Task details:
Please set down every entry below exactly as given.

Provided material:
§ §

-- ===== src/Shell/Start.antt =====
-- The main loop of the shell, user/shell/main.c, from a command line that was read to the program that is
-- started for it.
pub mod Allowed
use frostbite.Base.{
  eqb_list, take, ℕ, zero, suc, ◌+◌, ◌-◌, ◌*◌, ◌/◌, ◌%◌, ◌^◌, ◌≤◌, ◌<◌, ◌≡◌, refl, sym, ap, ◌∙◌,
  ◌≢◌, ◌⊎◌, inl, inr, Bool, true, false, not, ◌&&◌, ◌||◌, Option, none, some, List, [], ◌∷◌, ◌++◌,
  arith, ◌==◌, if◌then◌else◌, ltb, leb, has, length, ℤ, pos, negsuc, eqb_ℤ,
}
use frostbite.Text.{poke}
use frostbite.Text.Str.{str_at, char_at, put_chars}
use frostbite.Shell.{max_cmd_buf_size}
use frostbite.Shell.Command.{Command, get_cmd_info}

-- `memcmp` of the characters from `i` on with those of a string from `j` on is 0.
unfoldable pub same_chars : ℕ → (ℕ → ℕ) → ℕ → List ℕ → ℕ → Bool
same_chars zero chars i str j = true
same_chars (suc n) chars i str j =
    chars i == char_at str j && same_chars n chars (i + 1) str (j + 1)

abbrev pub dot_bin : List ℕ
dot_bin = b'.' ∷ b'B' ∷ b'I' ∷ b'N' ∷ []

abbrev pub bin : List ℕ
bin = b'B' ∷ b'I' ∷ b'N' ∷ []

abbrev pub init_bin : List ℕ
init_bin = b'I' ∷ b'N' ∷ b'I' ∷ b'T' ∷ dot_bin

abbrev pub login_bin : List ℕ
login_bin = b'L' ∷ b'O' ∷ b'G' ∷ b'I' ∷ b'N' ∷ dot_bin

abbrev pub fg_bin : List ℕ
fg_bin = b'F' ∷ b'G' ∷ dot_bin

abbrev pub bg_bin : List ℕ
bg_bin = b'B' ∷ b'G' ∷ dot_bin

abbrev pub jobctl_bin : List ℕ
jobctl_bin = b'J' ∷ b'O' ∷ b'B' ∷ b'C' ∷ b'T' ∷ b'L' ∷ dot_bin

-- What becomes of the line: an error message, or the name of the program to open, fork and run, with its
-- arguments as places in the echo buffer, and whether it runs in the background.
pub data Start : Type 0 where
  not_executable : Start
  not_permitted : Start
  starts : (name : List ℕ) (args : List ℕ) (background : Bool) → Start

abbrev pub command_at : (ℕ → ℕ) → ℕ → List ℕ
command_at cmd cmd_pos = str_at max_cmd_buf_size cmd cmd_pos

-- A command without extension gets `.BIN` and a NUL, which the code writes behind the buffer if the command
-- line ends with its command and has more than 1019 characters.
unfoldable pub add_ext : (ℕ → ℕ) → ℕ → ℕ → ℕ
add_ext cmd cmd_pos =
    let cmd_end = cmd_pos + length (command_at cmd cmd_pos) in
    poke (cmd_end + 4) 0 (put_chars cmd_end dot_bin cmd)

unfoldable pub forbidden : (ℕ → ℕ) → ℕ → Bool
forbidden cmd cmd_pos =
    let n = length (command_at cmd cmd_pos) in
    same_chars n cmd cmd_pos init_bin 0 || same_chars n cmd cmd_pos login_bin 0

unfoldable pub is_job_control : (ℕ → ℕ) → ℕ → Bool
is_job_control cmd cmd_pos = same_chars 6 cmd cmd_pos fg_bin 0 || same_chars 6 cmd cmd_pos bg_bin 0

-- `args[1]` becomes the command itself, and `args[0]` too if there are no arguments.
abbrev pub control_args : ℕ → List ℕ → List ℕ
control_args cmd_pos [] = cmd_pos ∷ cmd_pos ∷ []
control_args cmd_pos (a ∷ []) = a ∷ cmd_pos ∷ []
control_args cmd_pos (a ∷ b ∷ args) = a ∷ cmd_pos ∷ args

-- The last argument is `&`.
unfoldable pub in_background : (ℕ → ℕ) → List ℕ → Bool
in_background echo [] = false
in_background echo (a ∷ []) = eqb_list (str_at max_cmd_buf_size echo a) (b'&' ∷ [])
in_background echo (a ∷ b ∷ args) = in_background echo (b ∷ args)

-- The checks on a command with its extension, and the command that stands for `fg` and `bg`.
unfoldable pub start_command : (cmd echo : ℕ → ℕ) → (cmd_pos : ℕ) → List ℕ → Start
start_command cmd echo cmd_pos args =
    let jobctl = poke (cmd_pos + 10) 0 (put_chars cmd_pos jobctl_bin cmd) in
    let control = control_args cmd_pos args in
    let n = length args in
    if forbidden cmd cmd_pos
    then not_permitted
    else if is_job_control cmd cmd_pos
    then starts (command_at jobctl cmd_pos) control (in_background echo (take n control))
    else starts (command_at cmd cmd_pos) args (in_background echo args)

unfoldable pub start_line : (cmd echo : ℕ → ℕ) → Start
start_line cmd echo =
    let c = get_cmd_info cmd echo in
    elim c.ext [
      | none ↦ start_command (add_ext c.cmd c.cmd_pos) c.echo c.cmd_pos c.echo_args
      | some ext ↦
          if same_chars 3 c.cmd ext bin 0
          then start_command c.cmd c.echo c.cmd_pos c.echo_args
          else not_executable
    ]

§ §

Your response:
-- ===== src/Shell/Start.antt =====
-- The main loop of the shell, user/shell/main.c, from a command line that was read to the program that is
-- started for it.
pub mod Allowed
use frostbite.Base.{
  eqb_list, take, ℕ, zero, suc, ◌+◌, ◌-◌, ◌*◌, ◌/◌, ◌%◌, ◌^◌, ◌≤◌, ◌<◌, ◌≡◌, refl, sym, ap, ◌∙◌,
  ◌≢◌, ◌⊎◌, inl, inr, Bool, true, false, not, ◌&&◌, ◌||◌, Option, none, some, List, [], ◌∷◌, ◌++◌,
  arith, ◌==◌, if◌then◌else◌, ltb, leb, has, length, ℤ, pos, negsuc, eqb_ℤ,
}
use frostbite.Text.{poke}
use frostbite.Text.Str.{str_at, char_at, put_chars}
use frostbite.Shell.{max_cmd_buf_size}
use frostbite.Shell.Command.{Command, get_cmd_info}

-- `memcmp` of the characters from `i` on with those of a string from `j` on is 0.
unfoldable pub same_chars : ℕ → (ℕ → ℕ) → ℕ → List ℕ → ℕ → Bool
same_chars zero chars i str j = true
same_chars (suc n) chars i str j =
    chars i == char_at str j && same_chars n chars (i + 1) str (j + 1)

abbrev pub dot_bin : List ℕ
dot_bin = b'.' ∷ b'B' ∷ b'I' ∷ b'N' ∷ []

abbrev pub bin : List ℕ
bin = b'B' ∷ b'I' ∷ b'N' ∷ []

abbrev pub init_bin : List ℕ
init_bin = b'I' ∷ b'N' ∷ b'I' ∷ b'T' ∷ dot_bin

abbrev pub login_bin : List ℕ
login_bin = b'L' ∷ b'O' ∷ b'G' ∷ b'I' ∷ b'N' ∷ dot_bin

abbrev pub fg_bin : List ℕ
fg_bin = b'F' ∷ b'G' ∷ dot_bin

abbrev pub bg_bin : List ℕ
bg_bin = b'B' ∷ b'G' ∷ dot_bin

abbrev pub jobctl_bin : List ℕ
jobctl_bin = b'J' ∷ b'O' ∷ b'B' ∷ b'C' ∷ b'T' ∷ b'L' ∷ dot_bin

-- What becomes of the line: an error message, or the name of the program to open, fork and run, with its
-- arguments as places in the echo buffer, and whether it runs in the background.
pub data Start : Type 0 where
  not_executable : Start
  not_permitted : Start
  starts : (name : List ℕ) (args : List ℕ) (background : Bool) → Start

abbrev pub command_at : (ℕ → ℕ) → ℕ → List ℕ
command_at cmd cmd_pos = str_at max_cmd_buf_size cmd cmd_pos

-- A command without extension gets `.BIN` and a NUL, which the code writes behind the buffer if the command
-- line ends with its command and has more than 1019 characters.
unfoldable pub add_ext : (ℕ → ℕ) → ℕ → ℕ → ℕ
add_ext cmd cmd_pos =
    let cmd_end = cmd_pos + length (command_at cmd cmd_pos) in
    poke (cmd_end + 4) 0 (put_chars cmd_end dot_bin cmd)

unfoldable pub forbidden : (ℕ → ℕ) → ℕ → Bool
forbidden cmd cmd_pos =
    let n = length (command_at cmd cmd_pos) in
    same_chars n cmd cmd_pos init_bin 0 || same_chars n cmd cmd_pos login_bin 0

unfoldable pub is_job_control : (ℕ → ℕ) → ℕ → Bool
is_job_control cmd cmd_pos = same_chars 6 cmd cmd_pos fg_bin 0 || same_chars 6 cmd cmd_pos bg_bin 0

-- `args[1]` becomes the command itself, and `args[0]` too if there are no arguments.
abbrev pub control_args : ℕ → List ℕ → List ℕ
control_args cmd_pos [] = cmd_pos ∷ cmd_pos ∷ []
control_args cmd_pos (a ∷ []) = a ∷ cmd_pos ∷ []
control_args cmd_pos (a ∷ b ∷ args) = a ∷ cmd_pos ∷ args

-- The last argument is `&`.
unfoldable pub in_background : (ℕ → ℕ) → List ℕ → Bool
in_background echo [] = false
in_background echo (a ∷ []) = eqb_list (str_at max_cmd_buf_size echo a) (b'&' ∷ [])
in_background echo (a ∷ b ∷ args) = in_background echo (b ∷ args)

-- The checks on a command with its extension, and the command that stands for `fg` and `bg`.
unfoldable pub start_command : (cmd echo : ℕ → ℕ) → (cmd_pos : ℕ) → List ℕ → Start
start_command cmd echo cmd_pos args =
    let jobctl = poke (cmd_pos + 10) 0 (put_chars cmd_pos jobctl_bin cmd) in
    let control = control_args cmd_pos args in
    let n = length args in
    if forbidden cmd cmd_pos
    then not_permitted
    else if is_job_control cmd cmd_pos
    then starts (command_at jobctl cmd_pos) control (in_background echo (take n control))
    else starts (command_at cmd cmd_pos) args (in_background echo args)

unfoldable pub start_line : (cmd echo : ℕ → ℕ) → Start
start_line cmd echo =
    let c = get_cmd_info cmd echo in
    elim c.ext [
      | none ↦ start_command (add_ext c.cmd c.cmd_pos) c.echo c.cmd_pos c.echo_args
      | some ext ↦
          if same_chars 3 c.cmd ext bin 0
          then start_command c.cmd c.echo c.cmd_pos c.echo_args
          else not_executable
    ]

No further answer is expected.